Personal information
- Full name: John Chia Keng Hock
- Date of birth: 1911
- Place of birth: Singapore
- Date of death: 1 December 1993 (aged 81–82)
- Place of death: Singapore
- Position(s): Forward

Youth career
- 1930-1932: St Joseph’s Institution (SJI)

Senior career*
- Years: Team / Apps / (Gls)
- 1931-1947: SCFA / 52 / (94)
- 1933-1934: Fraser & Neave / 2 / (5)
- 1933: Companions AA / 2 / (9)
- Total:  / 56 / (108)

International career
- 1931-1942: Singapore / 17+ / (32+)

= Chia Keng Hock =

Singaporean footballer

Chia Keng Hock (1913–1 December 1993) was a Singaporean footballer who played as a striker.

==Club career==
Hock made his debut for SCFA in 1931, the following year, SCFA toured China and Hock was regarded by the media in Shanghai as “the best of the visiting strikers". The SCFA side came second in the 1933 Singapore Championship, with Hock scoring 26 goals in 11 games. 1934 saw SCFA top the Singapore championship for the first time, with Hock being the forerunner of their incredible campaign. (Note: Statistics may be increased)

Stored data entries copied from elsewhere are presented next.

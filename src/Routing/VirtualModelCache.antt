-- ===== src/Routing/VirtualModelCache.antt =====
-- model_resolution_cache.go: the part of `ModelResolutionCache` for virtual models, which
-- `loadVMsLocked` builds from the rows of two queries.
use omnillm.Prelude.{
  ◌≡◌, refl, ap, sym, ◌∙◌, Bool, true, false, Option, none, some, List, [], ◌∷◌, ◌++◌, Text,
  text_eq, text_eq_iff, to_lower, lookup, insert, lookup-insert, arith, if_false, if_cases,
  if◌then◌else◌,
}
use mathlib.Core.List.{append_assoc, append-nil}
use omnillm.Routing.Resolution.{VirtualModel}
use omnillm.VirtualModels.Defs.{Upstream}

-- The fields of `ModelResolutionCache` for virtual models.
pub record VirtualModelCache : Type 0 where
  pub vm_by_name : List (Text × VirtualModel)
  pub vm_upstreams : List (Text × List Upstream)
  pub vm_loaded : Bool

unfoldable pub upstreams_at : Text → List (Text × List Upstream) → List Upstream
upstreams_at id m = elim (lookup id m) [ none ↦ [] | some us ↦ us ]

-- The loop over the rows of virtual models.
unfoldable pub add_virtual_models :
    List VirtualModel → List (Text × VirtualModel) → List (Text × VirtualModel)
add_virtual_models [] m = m
add_virtual_models (r ∷ rows) m = add_virtual_models rows (insert (to_lower r.virtual_model_id) r m)

-- The loop over the rows of upstreams.
unfoldable pub add_upstreams :
    List Upstream → List (Text × List Upstream) → List (Text × List Upstream)
unfolding upstreams_at
add_upstreams [] m = m
add_upstreams (u ∷ rows) m =
    add_upstreams rows (insert u.virtual_model_id (upstreams_at u.virtual_model_id m ++ u ∷ []) m)

-- `loadVMsLocked` on what the two queries returned, `none` for an error.
unfoldable pub load_vms :
    Option (List VirtualModel) → Option (List Upstream) → VirtualModelCache → VirtualModelCache
unfolding add_virtual_models add_upstreams
load_vms (some rows) (some u_rows) c = record {
  vm_by_name = add_virtual_models rows [];
  vm_upstreams = add_upstreams u_rows [];
  vm_loaded = true;
}
load_vms (some rows) none c = c
load_vms none u_rows c = c

-- `ensureVMLoaded`
unfoldable pub ensure_vm_loaded :
    Option (List VirtualModel) → Option (List Upstream) → VirtualModelCache → VirtualModelCache
unfolding load_vms
ensure_vm_loaded rows u_rows c = if c.vm_loaded then c else load_vms rows u_rows c

-- `InvalidateVMs`
unfoldable pub invalidate_vms : VirtualModelCache → VirtualModelCache
invalidate_vms c = record c { vm_loaded = false }

-- The rows of a virtual model, in the order of the query.
unfoldable pub upstreams_of : Text → List Upstream → List Upstream
upstreams_of id [] = []
upstreams_of id (u ∷ rows) =
    let rest = upstreams_of id rows in if text_eq u.virtual_model_id id then u ∷ rest else rest

-- The last row whose ID is the name, letters' case aside.
unfoldable pub last_named : Text → List VirtualModel → Option VirtualModel → Option VirtualModel
last_named name [] found = found
last_named name (r ∷ rows) found =
    last_named name rows (if text_eq (to_lower r.virtual_model_id) name then some r else found)

upstreams_at-insert :
    (k id : Text) (us : List Upstream) (m : List (Text × List Upstream))
    → upstreams_at id (insert k us m) ≡ (if text_eq k id then us else upstreams_at id m)
unfolding upstreams_at
upstreams_at-insert k id us m = ground (arith, lookup-insert k id us m)

append_row :
    (b : Bool) (xs ys rest : List Upstream) (u : Upstream)
    → (b ≡ true → ys ≡ xs)
    → (if b then ys ++ u ∷ [] else xs) ++ rest ≡ xs ++ (if b then u ∷ rest else rest)
append_row true xs ys rest u e =
    ap (λ l. l ++ u ∷ [] ++ rest) (e refl) ∙ append_assoc xs (u ∷ []) rest
append_row false xs ys rest u e = refl

add_upstreams-upstreams_of :
    (rows : List Upstream) (m : List (Text × List Upstream)) (id : Text)
    → upstreams_at id (add_upstreams rows m) ≡ upstreams_at id m ++ upstreams_of id rows
unfolding add_upstreams upstreams_of
add_upstreams-upstreams_of [] m id = sym (append-nil (upstreams_at id m))
add_upstreams-upstreams_of (u ∷ rows) m id =
    add_upstreams-upstreams_of rows _ id
    ∙ ap (λ l. l ++ upstreams_of id rows) (upstreams_at-insert u.virtual_model_id id _ m)
    ∙ append_row (text_eq u.virtual_model_id id) (upstreams_at id m)
        (upstreams_at u.virtual_model_id m) (upstreams_of id rows) u
        (λ e. ap (λ k. upstreams_at k m) ((text_eq_iff u.virtual_model_id id).0 e))

add_virtual_models-last_named :
    (rows : List VirtualModel) (m : List (Text × VirtualModel)) (name : Text)
    → lookup name (add_virtual_models rows m) ≡ last_named name rows (lookup name m)
unfolding add_virtual_models last_named
add_virtual_models-last_named [] m name = refl
add_virtual_models-last_named (r ∷ rows) m name =
    add_virtual_models-last_named rows (insert (to_lower r.virtual_model_id) r m) name
    ∙ ap (last_named name rows) (lookup-insert (to_lower r.virtual_model_id) name r m)

-- On a cache that is not loaded, with both queries answered, the upstreams of an ID are its rows in
-- the order of the query, and a name finds the last virtual model whose ID it is, letters' case
-- aside; if a query fails, the cache stays as it was.
pub ensure_vm_loaded_lem :
    (rows : List VirtualModel) (u_rows : List Upstream) (c : VirtualModelCache) (id name : Text)
    → c.vm_loaded ≡ false
    → (upstreams_at id (ensure_vm_loaded (some rows) (some u_rows) c).vm_upstreams
        ≡ upstreams_of id u_rows)
      × (lookup (to_lower name) (ensure_vm_loaded (some rows) (some u_rows) c).vm_by_name
          ≡ last_named (to_lower name) rows none)
      × (ensure_vm_loaded (some rows) none c ≡ c)
      × (ensure_vm_loaded none (some u_rows) c ≡ c)
unfolding ensure_vm_loaded load_vms lookup upstreams_at
ensure_vm_loaded_lem rows u_rows c id name cold = (
  ap (λ (l : VirtualModelCache). upstreams_at id l.vm_upstreams) (if_false _ _ cold)
      ∙ add_upstreams-upstreams_of u_rows [] id,
  ap (λ (l : VirtualModelCache). lookup (to_lower name) l.vm_by_name) (if_false _ _ cold)
      ∙ add_virtual_models-last_named rows [] (to_lower name),
  if_cases (λ l. l ≡ c) c.vm_loaded c c (λ _. refl) (λ _. refl),
  if_cases (λ l. l ≡ c) c.vm_loaded c c (λ _. refl) (λ _. refl),
)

In 1935, Hock was part of a Malayan Chinese side that participated in the 6th All-China Olympiad in Shanghai. He scored five goals in his first match and four in his second as Malayan Chinese cruised past Liaoning 9–1, and Zhejiang 12–0. Malayan Chinese went on to beat Shanghai 3–1 before losing 3–2 in the final to Hong Kong.

==International career==

Chia played for Singapore in the Malaya Cup.

==Personal life==
In 1935, Keng Hock was awoken by a drunk Japanese man before midnight, on 23 January. The man was at a party and cut his hand on broken glass. He got freaked out with this occurrence and through an opening of Hock's window, the man entered into his room. Hock, without wanting to take the law into his own hands, walked out of his room, and went to get a constable. The man was charged $1 for pleading guilty for being drunk and disorderly.